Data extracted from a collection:
■ ■ ■ ■ ■
-- ===== src/Runtime/Tests.antt =====
-- Runs on small inputs (src/runtime_enrich_core.cpp).
use viy.Base.{
  ℕ, ◌≡◌, refl, true, false, not, ◌&&◌, none, some, List, [], ◌∷◌, length, arith, ◌==◌,
  if◌then◌else◌, All,
}
use viy.Runtime.Utf8.{scalar_is_text, ascii, utf8, all_ascii, decode_utf8_exact}
use viy.Runtime.Utf8RoundTrip.{utf8_text, decode_utf8_exact-utf8_text}
use viy.Runtime.Wide.{decode_utf16_exact}
use viy.Runtime.Utf16RoundTrip.{utf16_text, decode_utf16_exact-utf16_text}
use viy.Runtime.Candidates.{StringScanOptions, best_nul_candidate}
use viy.Runtime.Pascal.{unique_pascal_candidate}
use viy.Runtime.Pointers.{AddrRange, is_pointer, mapped_ranges, in_ranges}
use viy.Runtime.PointersFound.{is_pointer-mapped_ranges}
use viy.Runtime.Writes.{collect_write_groups, image, heap, RunKey, MemoryBytes}
use viy.Runtime.Conflict.{range_has_conflict}
use viy.Runtime.ConflictFree.{Agrees, range_has_conflict-Agrees}
use viy.Runtime.Scan.{overlaps_pointer, scan_observation, pointer_offsets}
use viy.Runtime.Overlap.{any_meets, overlaps_pointer-pointer_offsets}
use viy.Runtime.ScanBounds.{Strings, scan_observation-Strings}

-- "é√😀!"
abbrev accents : List ℕ
accents = 0xe9 ∷ 0x221a ∷ 0x1f600 ∷ 0x21 ∷ []

decode_utf8_exact-utf8_text_example :
    decode_utf8_exact (utf8_text accents) 4
    ≡ some (accents, if all_ascii accents then ascii else utf8)
unfolding scalar_is_text
decode_utf8_exact-utf8_text_example =
    decode_utf8_exact-utf8_text accents 4 (refl, (refl, (refl, (refl, tt)))) (omega arith)

overlong : decode_utf8_exact (0xe0 ∷ 0x80 ∷ 0x80 ∷ []) 0 ≡ none
unfolding decode_utf8_exact
overlong = refl

decode_utf16_exact-utf16_text_example :
    decode_utf16_exact (utf16_text true accents) true 4 ≡ some accents
unfolding scalar_is_text
decode_utf16_exact-utf16_text_example =
    decode_utf16_exact-utf16_text accents true 4 (refl, (refl, (refl, (refl, tt)))) (omega arith)
      (omega arith)

-- A high surrogate at the end
lone_surrogate : decode_utf16_exact (0x41 ∷ 0x00 ∷ 0x3d ∷ 0xd8 ∷ []) false 0 ≡ none
unfolding decode_utf16_exact
lone_surrogate = refl

abbrev ranges : List AddrRange
ranges = (0x3000, 0x4000) ∷ (0x1000, 0x2000) ∷ (0x5000, 0x5000) ∷ (0x1800, 0x2800) ∷ []

is_pointer-mapped_ranges_example :
    is_pointer (mapped_ranges ranges) 0x2100 ≡ (not (0x2100 == 0) && in_ranges ranges 0x2100)
is_pointer-mapped_ranges_example = is_pointer-mapped_ranges ranges 0x2100

merged : mapped_ranges ranges ≡ ((0x1000, 0x2800) ∷ (0x3000, 0x4000) ∷ [])
unfolding mapped_ranges
merged = refl

abbrev first_run : RunKey
first_run = record { run_id = 1; seed = 7 }

abbrev second_run : RunKey
second_run = record { run_id = 2; seed = 9 }

-- "text" twice, each with its terminator, in front of a pointer
abbrev written : MemoryBytes
written = record {
  addr = 0x8006;
  bytes =
      0x74 ∷ 0x65 ∷ 0x78 ∷ 0x74 ∷ 0 ∷ 0x74 ∷ 0x65 ∷ 0x78 ∷ 0x74 ∷ 0 ∷ 0x34 ∷ 0x10 ∷ 0 ∷ 0 ∷ 0 ∷ 0
      ∷ 0 ∷ 0 ∷ [];
  scope = image;
  run = first_run;
}

abbrev again : MemoryBytes
again = record { addr = 0x8006; bytes = 0x74 ∷ 0x65 ∷ []; scope = image; run = second_run }

abbrev twin : MemoryBytes
twin = record { addr = 0x8006; bytes = 0x74 ∷ 0x65 ∷ []; scope = image; run = first_run }

abbrev elsewhere : MemoryBytes
elsewhere = record { addr = 0x8006; bytes = 0x78 ∷ []; scope = heap; run = second_run }

abbrev options : StringScanOptions
options = record {
  image_big_endian = false;
  allow_unicode = false;
  allow_length_prefixed = true;
  minimum_characters = 4;
  max_candidate_bytes = 4096;
  max_candidates_per_write = 64;
  pointer_width = 8;
  pointer_ranges = ranges;
}

scan_observation-Strings_example :
    Strings
      (pointer_offsets options (mapped_ranges ranges) written)
      options.pointer_width
      written
      0
      (scan_observation options (mapped_ranges ranges) written)
scan_observation-Strings_example = scan_observation-Strings options (mapped_ranges ranges) written

overlaps_pointer-pointer_offsets_example :
    overlaps_pointer
      (pointer_offsets options (mapped_ranges ranges) written)
      options.pointer_width
      5
      6
    ≡ any_meets options.pointer_width 5 6 (pointer_offsets options (mapped_ranges ranges) written)
overlaps_pointer-pointer_offsets_example =
    overlaps_pointer-pointer_offsets options (mapped_ranges ranges) written 5 6

pointer_at : pointer_offsets options (mapped_ranges ranges) written ≡ 10 ∷ []
unfolding pointer_offsets mapped_ranges
pointer_at = refl

two_strings : length (scan_observation options (mapped_ranges ranges) written) ≡ 2
unfolding scan_observation mapped_ranges best_nul_candidate unique_pascal_candidate
    decode_utf8_exact
two_strings = refl

range_has_conflict-Agrees_example :
    All (Agrees 0x8005 (0x41 ∷ 0x74 ∷ 0x65 ∷ []) image) (written ∷ again ∷ elsewhere ∷ [])
unfolding range_has_conflict
range_has_conflict-Agrees_example =
    range_has_conflict-Agrees (written ∷ again ∷ elsewhere ∷ []) 0x8005 (0x41 ∷ 0x74 ∷ 0x65 ∷ [])
      image refl

one_corroborated : (collect_write_groups (written ∷ again ∷ twin ∷ [])).corroborated_groups ≡ 1
unfolding collect_write_groups
one_corroborated = refl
■ ■ ■ ■ ■
Activity: All that belongs in the answer is the run of lines above from the line containing "abbrev again : MemoryBytes" through the line containing "pointer_at = refl", exactly as written.

Solution to this problem:
abbrev again : MemoryBytes
again = record { addr = 0x8006; bytes = 0x74 ∷ 0x65 ∷ []; scope = image; run = second_run }

abbrev twin : MemoryBytes
twin = record { addr = 0x8006; bytes = 0x74 ∷ 0x65 ∷ []; scope = image; run = first_run }

abbrev elsewhere : MemoryBytes
elsewhere = record { addr = 0x8006; bytes = 0x78 ∷ []; scope = heap; run = second_run }

abbrev options : StringScanOptions
options = record {
  image_big_endian = false;
  allow_unicode = false;
  allow_length_prefixed = true;
  minimum_characters = 4;
  max_candidate_bytes = 4096;
  max_candidates_per_write = 64;
  pointer_width = 8;
  pointer_ranges = ranges;
}

scan_observation-Strings_example :
    Strings
      (pointer_offsets options (mapped_ranges ranges) written)
      options.pointer_width
      written
      0
      (scan_observation options (mapped_ranges ranges) written)
scan_observation-Strings_example = scan_observation-Strings options (mapped_ranges ranges) written

overlaps_pointer-pointer_offsets_example :
    overlaps_pointer
      (pointer_offsets options (mapped_ranges ranges) written)
      options.pointer_width
      5
      6
    ≡ any_meets options.pointer_width 5 6 (pointer_offsets options (mapped_ranges ranges) written)
overlaps_pointer-pointer_offsets_example =
    overlaps_pointer-pointer_offsets options (mapped_ranges ranges) written 5 6

pointer_at : pointer_offsets options (mapped_ranges ranges) written ≡ 10 ∷ []
unfolding pointer_offsets mapped_ranges
pointer_at = refl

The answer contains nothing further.